Your goal
Work out the number of lines below containing the word "contains" and give nothing besides it.

Given records

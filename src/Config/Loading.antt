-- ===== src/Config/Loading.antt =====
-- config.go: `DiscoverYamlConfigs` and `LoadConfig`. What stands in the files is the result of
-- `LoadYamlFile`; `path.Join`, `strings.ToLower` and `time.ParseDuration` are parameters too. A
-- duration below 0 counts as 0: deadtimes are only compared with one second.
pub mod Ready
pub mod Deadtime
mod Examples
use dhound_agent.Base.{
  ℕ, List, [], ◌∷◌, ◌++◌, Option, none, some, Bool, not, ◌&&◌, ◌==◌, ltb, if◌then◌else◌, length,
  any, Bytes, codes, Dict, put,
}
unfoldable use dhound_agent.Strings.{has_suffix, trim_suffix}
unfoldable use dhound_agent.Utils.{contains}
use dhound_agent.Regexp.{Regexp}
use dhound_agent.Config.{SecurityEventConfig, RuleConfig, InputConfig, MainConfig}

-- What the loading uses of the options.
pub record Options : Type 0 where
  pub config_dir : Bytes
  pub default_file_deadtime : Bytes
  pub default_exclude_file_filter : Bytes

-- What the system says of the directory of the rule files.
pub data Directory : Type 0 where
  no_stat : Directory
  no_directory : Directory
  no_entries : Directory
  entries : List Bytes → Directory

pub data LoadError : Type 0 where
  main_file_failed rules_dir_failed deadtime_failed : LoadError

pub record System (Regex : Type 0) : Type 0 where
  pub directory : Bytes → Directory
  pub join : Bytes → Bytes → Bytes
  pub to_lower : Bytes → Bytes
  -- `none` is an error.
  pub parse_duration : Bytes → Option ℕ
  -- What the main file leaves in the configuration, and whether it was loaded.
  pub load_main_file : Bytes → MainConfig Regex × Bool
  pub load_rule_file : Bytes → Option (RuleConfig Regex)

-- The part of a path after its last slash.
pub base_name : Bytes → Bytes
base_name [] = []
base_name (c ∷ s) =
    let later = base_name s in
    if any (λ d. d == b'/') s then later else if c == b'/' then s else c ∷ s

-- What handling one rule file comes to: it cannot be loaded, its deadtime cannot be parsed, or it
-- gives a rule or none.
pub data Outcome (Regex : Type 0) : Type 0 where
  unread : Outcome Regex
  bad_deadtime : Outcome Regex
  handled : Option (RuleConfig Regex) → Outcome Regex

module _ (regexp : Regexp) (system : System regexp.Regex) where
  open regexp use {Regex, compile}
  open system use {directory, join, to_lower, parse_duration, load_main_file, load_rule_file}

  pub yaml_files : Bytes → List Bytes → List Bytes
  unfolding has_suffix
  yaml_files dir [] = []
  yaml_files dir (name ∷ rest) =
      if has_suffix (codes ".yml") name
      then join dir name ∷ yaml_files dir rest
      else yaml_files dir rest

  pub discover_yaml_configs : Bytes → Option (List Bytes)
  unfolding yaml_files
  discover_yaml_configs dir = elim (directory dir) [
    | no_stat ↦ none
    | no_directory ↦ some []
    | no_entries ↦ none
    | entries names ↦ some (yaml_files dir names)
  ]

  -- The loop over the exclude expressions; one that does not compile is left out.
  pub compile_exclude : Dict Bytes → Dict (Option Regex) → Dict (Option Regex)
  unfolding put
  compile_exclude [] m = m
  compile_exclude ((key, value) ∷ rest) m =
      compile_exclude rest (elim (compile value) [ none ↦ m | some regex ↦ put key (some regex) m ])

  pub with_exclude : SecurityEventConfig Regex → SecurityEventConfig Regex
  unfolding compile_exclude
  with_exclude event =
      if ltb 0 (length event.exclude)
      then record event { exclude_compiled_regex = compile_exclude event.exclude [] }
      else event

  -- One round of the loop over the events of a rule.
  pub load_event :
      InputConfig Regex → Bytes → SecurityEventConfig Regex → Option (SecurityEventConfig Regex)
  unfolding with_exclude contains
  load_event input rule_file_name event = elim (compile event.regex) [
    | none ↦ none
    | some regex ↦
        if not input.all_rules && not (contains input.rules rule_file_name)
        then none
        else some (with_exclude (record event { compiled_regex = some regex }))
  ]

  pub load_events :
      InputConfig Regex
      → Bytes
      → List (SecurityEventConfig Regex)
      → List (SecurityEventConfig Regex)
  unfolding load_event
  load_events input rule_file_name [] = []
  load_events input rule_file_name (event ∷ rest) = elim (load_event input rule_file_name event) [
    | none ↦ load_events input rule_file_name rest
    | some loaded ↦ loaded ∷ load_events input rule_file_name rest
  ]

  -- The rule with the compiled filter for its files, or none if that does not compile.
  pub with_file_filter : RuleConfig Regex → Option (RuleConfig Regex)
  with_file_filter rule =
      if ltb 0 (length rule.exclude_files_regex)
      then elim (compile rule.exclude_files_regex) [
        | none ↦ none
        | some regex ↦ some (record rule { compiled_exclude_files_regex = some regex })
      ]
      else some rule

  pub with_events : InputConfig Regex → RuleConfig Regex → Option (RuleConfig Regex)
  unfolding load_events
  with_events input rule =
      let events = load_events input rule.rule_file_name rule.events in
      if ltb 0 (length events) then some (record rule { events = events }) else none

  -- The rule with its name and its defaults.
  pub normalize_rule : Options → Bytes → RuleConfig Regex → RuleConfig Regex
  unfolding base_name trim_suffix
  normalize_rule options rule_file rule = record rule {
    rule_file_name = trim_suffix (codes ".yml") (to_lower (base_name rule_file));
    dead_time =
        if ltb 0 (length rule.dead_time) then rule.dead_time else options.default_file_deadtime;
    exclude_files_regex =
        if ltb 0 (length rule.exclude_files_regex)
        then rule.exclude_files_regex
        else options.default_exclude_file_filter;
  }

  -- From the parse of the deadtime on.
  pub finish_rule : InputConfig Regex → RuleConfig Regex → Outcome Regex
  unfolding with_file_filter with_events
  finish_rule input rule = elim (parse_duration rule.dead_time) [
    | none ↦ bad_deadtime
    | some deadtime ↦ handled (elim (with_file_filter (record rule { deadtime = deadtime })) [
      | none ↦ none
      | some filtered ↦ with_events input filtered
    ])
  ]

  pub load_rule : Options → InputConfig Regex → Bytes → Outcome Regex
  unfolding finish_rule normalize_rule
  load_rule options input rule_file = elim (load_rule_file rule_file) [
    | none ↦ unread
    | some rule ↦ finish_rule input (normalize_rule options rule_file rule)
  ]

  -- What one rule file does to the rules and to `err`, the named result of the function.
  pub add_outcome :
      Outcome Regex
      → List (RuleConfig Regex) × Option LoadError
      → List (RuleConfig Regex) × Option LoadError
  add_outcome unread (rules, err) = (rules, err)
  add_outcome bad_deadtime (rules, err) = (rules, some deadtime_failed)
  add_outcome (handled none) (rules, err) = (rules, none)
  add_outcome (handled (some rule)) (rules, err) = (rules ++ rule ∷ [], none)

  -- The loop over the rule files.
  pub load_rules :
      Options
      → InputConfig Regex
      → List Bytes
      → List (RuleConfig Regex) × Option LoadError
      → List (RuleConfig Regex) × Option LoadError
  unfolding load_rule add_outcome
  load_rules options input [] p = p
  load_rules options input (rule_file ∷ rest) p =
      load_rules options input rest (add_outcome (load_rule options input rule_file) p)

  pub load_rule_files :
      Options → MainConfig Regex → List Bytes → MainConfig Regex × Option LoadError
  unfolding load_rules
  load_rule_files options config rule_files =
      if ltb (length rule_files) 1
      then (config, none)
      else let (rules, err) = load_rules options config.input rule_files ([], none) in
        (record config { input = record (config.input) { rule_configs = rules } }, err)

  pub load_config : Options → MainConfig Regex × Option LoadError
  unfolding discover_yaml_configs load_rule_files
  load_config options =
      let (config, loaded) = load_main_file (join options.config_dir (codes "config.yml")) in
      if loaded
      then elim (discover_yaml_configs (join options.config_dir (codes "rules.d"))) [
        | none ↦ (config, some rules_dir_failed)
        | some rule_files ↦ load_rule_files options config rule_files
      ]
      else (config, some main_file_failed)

Result of this task
3